All 11 director nominees receive a FOR recommendation. Cencora's 3-year total shareholder return of +138.4% outperforms the disclosed compensation peer group median by +107.8 percentage points, which is well above the strong-positive-TSR threshold and eliminates the TSR underperformance trigger for all directors. No director has overboarding concerns, no non-independent directors serve on audit or compensation committees, and all directors attended at least 75% of meetings. Two directors (Cooper and Ryerkerk) joined within the past 24 months and are exempt from the TSR trigger as new directors. Ellen Cooper holds a sitting CEO role but has only one outside board seat (Cencora), meeting the policy's one-outside-board limit for sitting CEOs.
Say on Pay
✓ FORCEO
Robert P. Mauch
Total Comp
$18,256,227
Prior Support
93%%
The prior year say-on-pay vote received approximately 93% support, well above the 70% threshold that would require visible remediation. CEO Robert Mauch's total reported compensation of approximately $18.3 million is reasonable for the CEO of a $68.6 billion market cap healthcare distributor, with approximately 91% of his target pay being variable or performance-linked — well above the 50-60% threshold the policy favors. Pay-for-performance alignment is strong: Cencora delivered 40% total shareholder return in fiscal 2025 and a 3-year return of +138.4%, outperforming the peer group median by over 100 percentage points, and performance share awards use multi-year metrics (3-year EPS compound growth rate and average return on invested capital) with a relative TSR modifier requiring above-median performance for target payout.

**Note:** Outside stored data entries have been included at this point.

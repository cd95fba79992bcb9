-- ===== src/Guarantees/Identity.antt =====
-- Whom a token that is not known to be an interactive one speaks for: its `sub` alone.
use rh_reclaw.Common.{◌≡◌, ◌≢◌, ◌↔◌, String, some, true, false, ==_iff, string_eq, arith}
use rh_reclaw.Common.Result.{ok}
use rh_reclaw.Common.Json.{Json, null, bool, nat, number, text, array, object}
use rh_reclaw.Common.Text.{strip}
use rh_reclaw.Common.Chars.{occurs_in}
use rh_reclaw.Identity.{
  AccessToken, claim, is_null, is_text, is_agent_jwt_token, str, check_sub, validate_sub_shape,
  stripped_sub, trusted_identity, try_resolve_email,
}

pub is_null_iff : (v : Json) → (is_null v ≡ true) ↔ (v ≡ null)
unfolding is_null
is_null_iff null = ground arith
is_null_iff (bool b) = ground arith
is_null_iff (nat n) = ground arith
is_null_iff (number r) = ground arith
is_null_iff (text s) = ground arith
is_null_iff (array xs) = ground arith
is_null_iff (object fs) = ground arith

pub is_text_iff : (s : String) (v : Json) → (is_text s v ≡ true) ↔ (v ≡ text s)
unfolding is_text
is_text_iff s (text t) = ground (arith, ==_iff t s)
is_text_iff s null = ground arith
is_text_iff s (bool b) = ground arith
is_text_iff s (nat n) = ground arith
is_text_iff s (number r) = ground arith
is_text_iff s (array xs) = ground arith
is_text_iff s (object fs) = ground arith

-- A `sub` that names a caller: a text that is neither empty nor an email address.
abbrev pub SubShaped : String → Type 0
SubShaped s = (s ≢ "") × (occurs_in "@" s ≡ false)

module _ (repr : Json → String) where
  check_sub_iff : (s : String) → (check_sub repr s ≡ ok tt) ↔ SubShaped s
  unfolding check_sub
  check_sub_iff s = ground (arith, ==_iff s "")

  -- The token's issuer is absent, or the one of agent tokens.
  pub sub_only :
      (token : AccessToken)
      → is_agent_jwt_token token.claims ≡ true
      → (identity : String)
      → (try_resolve_email repr token ≡ some identity) ↔ (
          (claim "sub" token.claims ≢ null)
          × (identity ≡ strip (str repr (claim "sub" token.claims)))
          × SubShaped identity)
  unfolding try_resolve_email validate_sub_shape trusted_identity stripped_sub check_sub
  sub_only token issuer identity = ground (
    arith,
    is_null_iff (claim "sub" token.claims),
    ==_iff (strip (str repr (claim "sub" token.claims))) "",
  )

The company also maintains a robust clawback policy covering both cash and equity awards.
Auditor Ratification
✓ FORAuditor
Ernst & Young LLP
Tenure
N/A
Audit Fees
N/A
Non-Audit Fees
N/A
The proxy does not disclose EY's tenure or specific fee amounts in the extracted text, so neither the tenure trigger nor the non-audit fee ratio trigger can be confirmed — under policy, an unconfirmed tenure trigger does not fire and we vote FOR. EY is a Big 4 firm fully appropriate for a $68.6 billion market cap company. No material restatements are disclosed. The audit committee is composed entirely of independent directors with demonstrated financial expertise.
Actual Vote Results
Meeting held March 5, 2026
Director Elections
| Nominee | % FOR | Votes For | Withheld / Against | Result |
|---|---|---|---|---|
| Lori J. Ryerkerk | 100.0% | 168.5M | 68,254 | ✓ Elected |
| Frank K. Clyburn | 99.9% | 168.5M | 93,528 | ✓ Elected |
| Robert P. Mauch | 99.9% | 168.5M | 96,062 | ✓ Elected |
| Ellen G. Cooper | 99.9% | 168.4M | 178,990 | ✓ Elected |
| D. Mark Durcan | 99.3% | 167.5M | 1.1M | ✓ Elected |
| Lauren M. Tyler | 99.1% | 166.9M | 1.6M | ✓ Elected |
| Redonda G. Miller, M.D. | 99.1% | 166.9M | 1.6M | ✓ Elected |
| Lorence H. Kim, M.D. | 98.9% | 166.8M | 1.8M | ✓ Elected |
| Werner Baumann | 98.5% | 166.1M | 2.5M | ✓ Elected |
| Dennis M. Nally | 98.5% | 166.0M | 2.6M | ✓ Elected |
| Lon R. Greenberg | 96.9% | 163.3M | 5.3M | ✓ Elected |
Broker non-votes: 9.7M
Say on Pay
For 156.9M · Against 11.4M · Abstain 427,407
Auditor Ratification
For 165.7M · Against 12.6M · Abstain 116,893
Overall Assessment
The 2026 Cencora annual meeting presents a clean ballot with no significant governance concerns. All three standard proposals — director elections, say-on-pay, and auditor ratification — receive FOR recommendations, supported by Cencora's exceptional stock performance (3-year TSR of +138.4%, outperforming peers by over 100 percentage points), a well-structured pay program with strong performance linkage and 93% prior-year say-on-pay support, and a highly independent and recently refreshed board with eight of eleven directors joining in the past five years.